Tuples first. These are list-like things that cannot be modified. Because the contents of a tuple cannot change, you can use a tuple as a key in a dictionary. That's the most useful place for them in my opinion. For instance if you have a list like item = ["Ford pickup", 1993, 9995]
and you want to make a little in-memory database with the prices you might try something like:
ikey = tuple(item[0], item[1])
idata = item[2]
db[ikey] = idata
Lists, seem to be like arrays or vectors in other programming languages and are usually used for the same types of things in Python. However, they are more flexible in that you can put different types of things into the same list. Generally, they are the most flexible data structure since you can put a whole list into a single list element of another list, but for real data crunching they may not be efficient enough.
a = [1,"fred",7.3]
b = []
b.append(1)
b[0] = "fred"
b.append(a) # now the second element of b is the whole list a
Dictionaries are often used a lot like lists, but now you can use any immutable thing as the index to the dictionary. However, unlike lists, dictionaries don't have a natural order and can't be sorted in place.

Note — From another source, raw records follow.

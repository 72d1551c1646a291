-- ===== src/Codec/Deflate/Returns.antt =====
-- src/codec_deflate.c: `deflate_process` comes back, within its fuel, and keeps the cursor contract.
use zukomp.Base.{
  ℕ, ◌+◌, ◌*◌, ◌≡◌, refl, Option, none, some, again, leave, loop_total, loop_keeps, Keeps, Rounds,
  arith,
}
use zukomp.Buffer.{
  Buffer, IsValid, Advances, Advances-refl, Advances-trans, Advances-IsValid, avail_in, avail_out,
}
use zukomp.Types.{Status}
use zukomp.Stream.Contract.{KeepsCursors}
use zukomp.Codec.Miniz.{Engine, Bounded}
use zukomp.Codec.Deflate.{Deflate, Stage, header, body, trailer, member_end, done}
use zukomp.Codec.Deflate.Sound.{Sound, rank_le}
use zukomp.Codec.Deflate.{Round}
use zukomp.Codec.Deflate.Process.{at_stage, iteration, run, returned, deflate_process}
use zukomp.Codec.Deflate.Rounds.{Good, measure, unmoved}
use zukomp.Codec.Deflate.Rounds.Head.{in_header-Good}
use zukomp.Codec.Deflate.Rounds.Body.{in_body-Good}
use zukomp.Codec.Deflate.Rounds.Trail.{in_trailer-Good}
use zukomp.Codec.Deflate.Rounds.Member.{at_member_end-Good}

module _ {M : Type 0} (e : Engine M) (law : Bounded e) where
  at_stage-Good :
      (s : Deflate M) (b : Buffer) (v : IsValid b) (flush : ℕ) (st : Stage)
      → s.stage ≡ st
      → Good s b (at_stage e st flush s b)
  unfolding at_stage
  at_stage-Good s b v flush header at = in_header-Good e s b v at flush
  at_stage-Good s b v flush body at = in_body-Good e law s b v at flush
  at_stage-Good s b v flush trailer at = in_trailer-Good e s b v at flush
  at_stage-Good s b v flush member_end at = at_member_end-Good e law s b v at flush
  at_stage-Good s b v flush done at = unmoved s b v

  pub iteration-Good :
      (s : Deflate M) (b : Buffer) → IsValid b → (flush : ℕ) → Good s b (iteration e flush (s, b))
  unfolding iteration
  iteration-Good s b v flush = at_stage-Good s b v flush s.stage refl

  module _ (b : Buffer) (v : IsValid b) (flush : ℕ) where
    Within : Deflate M × Buffer → Type 0
    Within (s, b') = Advances b b'

    Returned : Status × Deflate M × Buffer → Type 0
    Returned (st, s, b') = Advances b b'

    onward :
        (s : Deflate M) (b' : Buffer) (o : Round M)
        → Advances b b'
        → Good s b' o
        → Keeps Within Returned o
    unfolding Within Returned
    onward s b' (again (s', c)) p g = Advances-trans p g.0
    onward s b' (leave (st, s', c)) p g = Advances-trans p g.0

    run_moves :
        (s : Deflate M) (r : Status × Deflate M × Buffer)
        → run e s b flush ≡ some r
        → Advances b r.2
    unfolding run Within Returned
    run_moves s r eq =
        loop_keeps (iteration e flush) Within Returned
          (λ x p. onward x.0 x.1 _ p (iteration-Good x.0 x.1 (Advances-IsValid v p) flush))
          (8 * (avail_in b + avail_out b) + 6) (s, b) r (Advances-refl b v) eq

    SoundWithin : Deflate M × Buffer → Type 0
    SoundWithin (s, b') = Sound s × Advances b b'

    SoundlyReturned : Status × Deflate M × Buffer → Type 0
    SoundlyReturned (st, s, b') = Sound s × Advances b b'

    abbrev left : Deflate M × Buffer → ℕ
    left (s, b') = measure s b'

    downward :
        (s : Deflate M) (b' : Buffer) (o : Round M)
        → Sound s
        → Advances b b'
        → Good s b' o
        → Rounds SoundWithin SoundlyReturned left (s, b') o
    unfolding SoundWithin SoundlyReturned
    downward s b' (again (s', c)) k p g = (((g.1 k).0, Advances-trans p g.0), (g.1 k).1)
    downward s b' (leave (st, s', c)) k p g = (g.1 k, Advances-trans p g.0)

    -- From a sound state and a valid buffer, where miniz keeps to what it is offered, the loop comes
    -- back within its fuel, with a sound state and cursors that advanced.
    pub run_returns :
        (s : Deflate M)
        → Sound s
        → (r : Status × Deflate M × Buffer) × (run e s b flush ≡ some r)
          × (Sound r.1 × Advances b r.2)
    unfolding run SoundWithin SoundlyReturned measure
    run_returns s k =
        loop_total (iteration e flush) SoundWithin SoundlyReturned left
          (λ x kept.
            downward x.0 x.1 _ kept.0 kept.1
              (iteration-Good x.0 x.1 (Advances-IsValid v kept.1) flush))
          (8 * (avail_in b + avail_out b) + 6) (s, b) (omega (arith, rank_le s.stage s.tail_pos))
          (k, Advances-refl b v)

  kept_by :
      (s : Deflate M) (b : Buffer) (r : Option (Status × Deflate M × Buffer))
      → IsValid b
      → ((x : Status × Deflate M × Buffer) → r ≡ some x → Advances b x.2)
      → Advances b (returned e s b r).2
  unfolding returned
  kept_by s b none v h = Advances-refl b v
  kept_by s b (some x) v h = h x refl

  process-Advances :
      (s : Option (Deflate M)) (b : Buffer) (flush : ℕ)
      → IsValid b
      → Advances b (deflate_process e s b flush).2
  unfolding deflate_process
  process-Advances none b flush v = Advances-refl b v
  process-Advances (some d) b flush v = kept_by d b (run e d b flush) v (run_moves b v flush d)

  -- Where miniz keeps to what it is offered, `deflate_process` keeps to the contract of the header in
  -- every state, sound or not.
  pub process-KeepsCursors : KeepsCursors (deflate_process e)
  process-KeepsCursors = record { at = process-Advances }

Of course you can create your own class that incorporates a sorted list and a dictionary in order to make a dict behave like an Ordered Dictionary. There are examples on the Python Cookbook site.
c = {}
d = ("ford pickup",1993)
c[d] = 9995
Arrays are getting closer to the bit level for when you are doing heavy duty data crunching and you don't want the frills of lists or dictionaries. They are not often used outside of scientific applications. Leave these until you know for sure that you need them.
Lists and Dicts are the real workhorses of Python data storage.